(Stored data)
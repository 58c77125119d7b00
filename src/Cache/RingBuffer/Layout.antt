-- ===== src/Cache/RingBuffer/Layout.antt =====
-- A record that is written is read at its position, and no other position changes.
use native.Mathlib.Decide.{dec_lt}
use quantstack_terminal.Common.{
  ℕ, zero, suc, ◌+◌, ◌*◌, ◌≤◌, ◌<◌, ◌≡◌, ◌≢◌, ◌∙◌, refl, ap, List, [], ◌∷◌, arith, length,
  length-set, get_or, get_or-set_self, get_or-set_ne,
}
use quantstack_terminal.Common.{set as write}
use quantstack_terminal.Cache.RingBuffer.{
  Floats, TickRecord, RingBuffer, n_cols, columns, write_cols, read_at,
}

module _ (fl : Floats) where
  open fl use {Float, zero_}

  pub length-write_cols :
      (base : ℕ) (vs buf : List Float) → length (write_cols fl base vs buf) ≡ length buf
  unfolding write_cols
  length-write_cols base [] buf = refl
  length-write_cols base (v ∷ vs) buf =
      length-write_cols (base + 1) vs (write buf base v) ∙ length-set buf base v

  -- A cell below the columns is untouched, and so is one above them.
  write_cols_below :
      (base j : ℕ) (vs buf : List Float)
      → j < base
      → get_or (write_cols fl base vs buf) j zero_ ≡ get_or buf j zero_
  unfolding write_cols
  write_cols_below base j [] buf h = refl
  write_cols_below base j (v ∷ vs) buf h =
      write_cols_below (base + 1) j vs (write buf base v) (omega arith)
      ∙ get_or-set_ne buf base j v zero_ (omega arith)

  write_cols_above :
      (base j : ℕ) (vs buf : List Float)
      → base + length vs ≤ j
      → get_or (write_cols fl base vs buf) j zero_ ≡ get_or buf j zero_
  unfolding write_cols
  write_cols_above base j [] buf h = refl
  write_cols_above base j (v ∷ vs) buf h =
      write_cols_above (base + 1) j vs (write buf base v) (omega arith)
      ∙ get_or-set_ne buf base j v zero_ (omega arith)

  write_cols_self :
      (base c : ℕ) (vs buf : List Float)
      → c < length vs
      → base + length vs ≤ length buf
      → get_or (write_cols fl base vs buf) (base + c) zero_ ≡ get_or vs c zero_
  unfolding write_cols
  write_cols_self base c [] buf h room = elim h [ ]
  write_cols_self base zero (v ∷ vs) buf h room =
      let same : base + 0 ≡ base = omega arith in
      rw same (
        write_cols_below (base + 1) base vs (write buf base v) (omega arith)
        ∙ get_or-set_self buf base v zero_ (omega arith))
  write_cols_self base (suc c) (v ∷ vs) buf h room =
      let same : base + suc c ≡ (base + 1) + c = omega arith in
      rw same (
        write_cols_self (base + 1) c vs (write buf base v) (omega arith)
          (omega (arith, length-set buf base v)))

  pub record_eq :
      (r s : TickRecord Float)
      → r.time ≡ s.time
      → r.spot ≡ s.spot
      → r.atm_strike ≡ s.atm_strike
      → r.synthetic_future ≡ s.synthetic_future
      → r.call_ltp ≡ s.call_ltp
      → r.put_ltp ≡ s.put_ltp
      → r.straddle_price ≡ s.straddle_price
      → r.is_roll_event ≡ s.is_roll_event
      → r ≡ s
  record_eq r s a b c d e f g h = λ i. record {
    time = a i;
    spot = b i;
    atm_strike = c i;
    synthetic_future = d i;
    call_ltp = e i;
    put_ltp = f i;
    straddle_price = g i;
    is_roll_event = h i;
  }

  module _ (b : RingBuffer Float) (pos : ℕ) (r : TickRecord Float) where
    abbrev written : RingBuffer Float
    written = record b { buf = write_cols fl (pos * n_cols) (columns fl r) b.buf }

    at_cell :
        (c : ℕ)
        → c < 8
        → pos * 8 + 8 ≤ length b.buf
        → get_or written.buf (pos * n_cols + c) zero_ ≡ get_or (columns fl r) c zero_
    at_cell c h room = write_cols_self (pos * 8) c (columns fl r) b.buf h room

    -- The record that was written is read back at its position.
    pub read_at-write_self : pos * 8 + 8 ≤ length b.buf → read_at fl pos written ≡ r
    unfolding read_at
    read_at-write_self room =
        let same : pos * 8 ≡ pos * 8 + 0 = omega arith in
        record_eq _ r
          (ap (λ (j : ℕ). get_or written.buf j zero_) same ∙ at_cell 0 (omega arith) room)
          (at_cell 1 (omega arith) room) (at_cell 2 (omega arith) room)
          (at_cell 3 (omega arith) room) (at_cell 4 (omega arith) room)
          (at_cell 5 (omega arith) room) (at_cell 6 (omega arith) room)
          (at_cell 7 (omega arith) room)

    other_cell :
        (other j : ℕ)
        → other ≢ pos
        → other * 8 ≤ j
        → j < other * 8 + 8
        → get_or written.buf j zero_ ≡ get_or b.buf j zero_
    other_cell other j d lo hi = elim (dec_lt other pos) [
      | yes less ↦ write_cols_below (pos * 8) j (columns fl r) b.buf (omega arith)
      | no more ↦ write_cols_above (pos * 8) j (columns fl r) b.buf (omega arith)
    ]

    -- Another position reads as before.
    pub read_at-write_ne : (other : ℕ) → other ≢ pos → read_at fl other written ≡ read_at fl other b
    unfolding read_at
    read_at-write_ne other d =
        record_eq _ _ (other_cell other (other * 8) d (omega arith) (omega arith))
          (other_cell other (other * 8 + 1) d (omega arith) (omega arith))
          (other_cell other (other * 8 + 2) d (omega arith) (omega arith))
          (other_cell other (other * 8 + 3) d (omega arith) (omega arith))
          (other_cell other (other * 8 + 4) d (omega arith) (omega arith))
          (other_cell other (other * 8 + 5) d (omega arith) (omega arith))
          (other_cell other (other * 8 + 6) d (omega arith) (omega arith))
          (other_cell other (other * 8 + 7) d (omega arith) (omega arith))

▶ **WHAT IS BEING ASKED**: Find and copy each line above holding "Layout".

▶ **PROBLEM SOLUTION**:
filename src/Cache/RingBuffer/Layout.antt
-- ===== src/Cache/RingBuffer/Layout.antt =====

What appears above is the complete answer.